Things are about to get busy.

The first debate of the U.S. presidential campaign. A Group of 20 (G20) central bank interest rate announcement nearly every other trading day. And a key meeting among commodity nations around the world.

With a jam-packed calendar in September, no asset class is immune from potential event risk.

That's not to mention that the month has typically been the worst one for stocks — the only one in which the median return for the S&P 500 has been negative going back to 1928, according to Bank of America Merrill Lynch Head of U.S. Equity and Quantitative Strategy, Savita Subramanian.

Bank of America

Now, Wall Street strategists are warning of an end to the unusual calm that's characterized markets in August, advising clients to go long volatility, citing, in part, the prospect of rising cross-asset correlations.

Source: Bloomberg

Bank of America Merrill Lynch Head of Global Rates and Currencies Research David Woo, meanwhile, has suggested that investors are being overly complacent about the potential for a "clean sweep" in the upcoming U.S. elections, which would pave the way for fiscal stimulus in the world's largest economy.
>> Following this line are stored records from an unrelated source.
-- ===== src/Recorder/Inspection.antt =====
-- `_inspect_recorder_parquet` and `_checkpoint` of data/writer.py.
use binance_algo.Base.{
  ℕ, String, Bool, true, false, Option, none, some, List, [], ◌∷◌, map, Result, ok, err, ◌&&◌, not,
  leb, ◌==◌, str_eq, if◌then◌else◌, contains,
}
use Prim.Native.Nat.{min, max}
use Prim.Native.String
use binance_algo.Streams.Json.{◌>>=◌, ◌>>◌, fail_if}
use binance_algo.Streams.Schemas.{
  StreamEventType, Schema, Dtype, stream_schema, book_ticker, aggregate_trades, mark_price,
  kline_1m, string, int64, int32, float64, boolean,
}

-- The columns of a row of recorded events that recovery reads.
pub record FrameRow : Type 0 where
  pub event_id : String
  pub symbol : String
  pub event_time_ms : ℕ
  pub received_time_ns : ℕ
  pub ingestion_run_id : String

-- A frame: its columns with their types, and its rows.
pub record Frame : Type 0 where
  pub schema : Schema
  pub rows : List FrameRow

-- RecorderError and DataContractError, by what the message says.
pub data InspectError : Type 0 where
  unidentified unreadable bad_schema mixed_contents other_symbol other_run : InspectError
  unsupported : String → InspectError

abbrev pub name_of : StreamEventType → String
name_of book_ticker = "book_ticker"
name_of aggregate_trades = "aggregate_trades"
name_of mark_price = "mark_price"
name_of kline_1m = "kline_1m"

-- `name in STREAM_EVENT_TYPES`
unfoldable pub event_type_of : String → Option StreamEventType
event_type_of name =
    if str_eq name "book_ticker"
    then some book_ticker
    else if str_eq name "aggregate_trades"
    then some aggregate_trades
    else if str_eq name "mark_price"
    then some mark_price
    else if str_eq name "kline_1m"
    then some kline_1m
    else none

abbrev dtype_index : Dtype → ℕ
dtype_index string = 0
dtype_index int64 = 1
dtype_index int32 = 2
dtype_index float64 = 3
dtype_index boolean = 4

-- The same columns in the same order, with the same types.
unfoldable pub same_schema : Schema → Schema → Bool
same_schema [] [] = true
same_schema ((k, t) ∷ s) ((j, u) ∷ r) =
    str_eq k j && dtype_index t == dtype_index u && same_schema s r
same_schema _ _ = false

-- `unique()`
unfoldable pub distinct : List String → List String
distinct [] = []
distinct (s ∷ ss) = let rest = distinct ss in if contains s ss then rest else s ∷ rest

-- The part after the first `usdm`.
abbrev first_of : List String → Option String
first_of [] = none
first_of (p ∷ ps) = some p

unfoldable pub after_usdm : List String → Option String
after_usdm [] = none
after_usdm (p ∷ ps) = if str_eq p "usdm" then first_of ps else after_usdm ps

-- What a recorder file was found to be, with the rows of its frame, of which there is one at least.
pub record Inspected : Type 0 where
  pub first : FrameRow
  pub rest : List FrameRow
  pub event_type : StreamEventType
  pub symbol : String
  pub run_id : String

abbrev or_fail {ℓ} : {A : Type ℓ} → Option A → InspectError → Result InspectError A
or_fail none e = err e
or_fail (some a) e = ok a

abbrev single : List String → Option String
single (s ∷ []) = some s
single _ = none

-- The rows, if there are any.
abbrev some_rows : List FrameRow → Option (FrameRow × List FrameRow)
some_rows [] = none
some_rows (r ∷ rs) = some (r, rs)

-- `expected is not None and expected != observed`
abbrev differs : Option String → String → Bool
differs none observed = false
differs (some expected) observed = not (str_eq expected observed)

-- `parts` is `parquet.parts`, and `read` is `pl.read_parquet`, `none` where it raises.
module _ (parts : String → List String) (read : String → Option Frame) where
  abbrev candidate : String → Option String → Option String
  candidate parquet (some event_type) = some event_type
  candidate parquet none = after_usdm (parts parquet)

  -- `_inspect_recorder_parquet`
  unfoldable pub inspect :
      String → Option String → Option String → Option String → Result InspectError Inspected
  unfolding after_usdm event_type_of same_schema distinct stream_schema ◌>>=◌
  inspect parquet event_type symbol run_id = do
    name ← or_fail (candidate parquet event_type) unidentified
    found_type ← or_fail (event_type_of name) (unsupported name)
    frame ← or_fail (read parquet) unreadable
    rows ← or_fail (some_rows frame.rows) bad_schema
    fail_if (not (same_schema frame.schema (stream_schema found_type))) bad_schema
    found_symbol ← or_fail (single (distinct (map (λ r. r.symbol) frame.rows))) mixed_contents
    found_run ←
        or_fail (single (distinct (map (λ r. r.ingestion_run_id) frame.rows))) mixed_contents
    fail_if (differs symbol found_symbol) other_symbol
    fail_if (differs run_id found_run) other_run
    ok (record {
      first = rows.0;
      rest = rows.1;
      event_type = found_type;
      symbol = found_symbol;
      run_id = found_run;
    })

-- The last row by `received_time_ns`; of equal ones, the last of the frame.
unfoldable pub last_row : FrameRow → List FrameRow → FrameRow
last_row best [] = best
last_row best (r ∷ rs) =
    last_row (if leb best.received_time_ns r.received_time_ns then r else best) rs

-- `frame["event_time_ms"].min()` and `.max()`
unfoldable pub first_time : FrameRow → List FrameRow → ℕ
first_time r [] = r.event_time_ms
first_time r (s ∷ rs) = min r.event_time_ms (first_time s rs)

unfoldable pub last_time : FrameRow → List FrameRow → ℕ
last_time r [] = r.event_time_ms
last_time r (s ∷ rs) = max r.event_time_ms (last_time s rs)

-- The document of a checkpoint.
pub record Checkpoint : Type 0 where
  pub event_id : String
  pub event_time_ms : ℕ
  pub received_time_ns : ℕ
  pub file_id : String
  pub ingestion_run_id : String

abbrev checkpoint_of_row : FrameRow → String → String → Checkpoint
checkpoint_of_row r run_id file_id = record {
  event_id = r.event_id;
  event_time_ms = r.event_time_ms;
  received_time_ns = r.received_time_ns;
  file_id = file_id;
  ingestion_run_id = run_id;
}

-- `dumps` is `orjson.dumps` with sorted keys.
module _ (dumps : Checkpoint → String) where
  unfoldable pub checkpoint_text : Inspected → String → String
  unfolding last_row
  checkpoint_text i file_id = dumps (checkpoint_of_row (last_row i.first i.rest) i.run_id file_id)

unfoldable pub stream_key_of : Inspected → String
stream_key_of i = String.◌++◌ (name_of i.event_type) (String.◌++◌ ":" i.symbol)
This, in turn, could deal a major blow to risk parity portfolios in particular on the scale of the taper tantrum of 2013 or the Chinese currency devaluation of 2015.

Of course, there's no guarantee this volatility will ever materialize: strategists were also warning of a swoon in U.S. stocks and uptick in volatility right before they proceeded to march to all-time highs.

The first major headline event to kick off the month's festivities is August's non-farm payrolls report...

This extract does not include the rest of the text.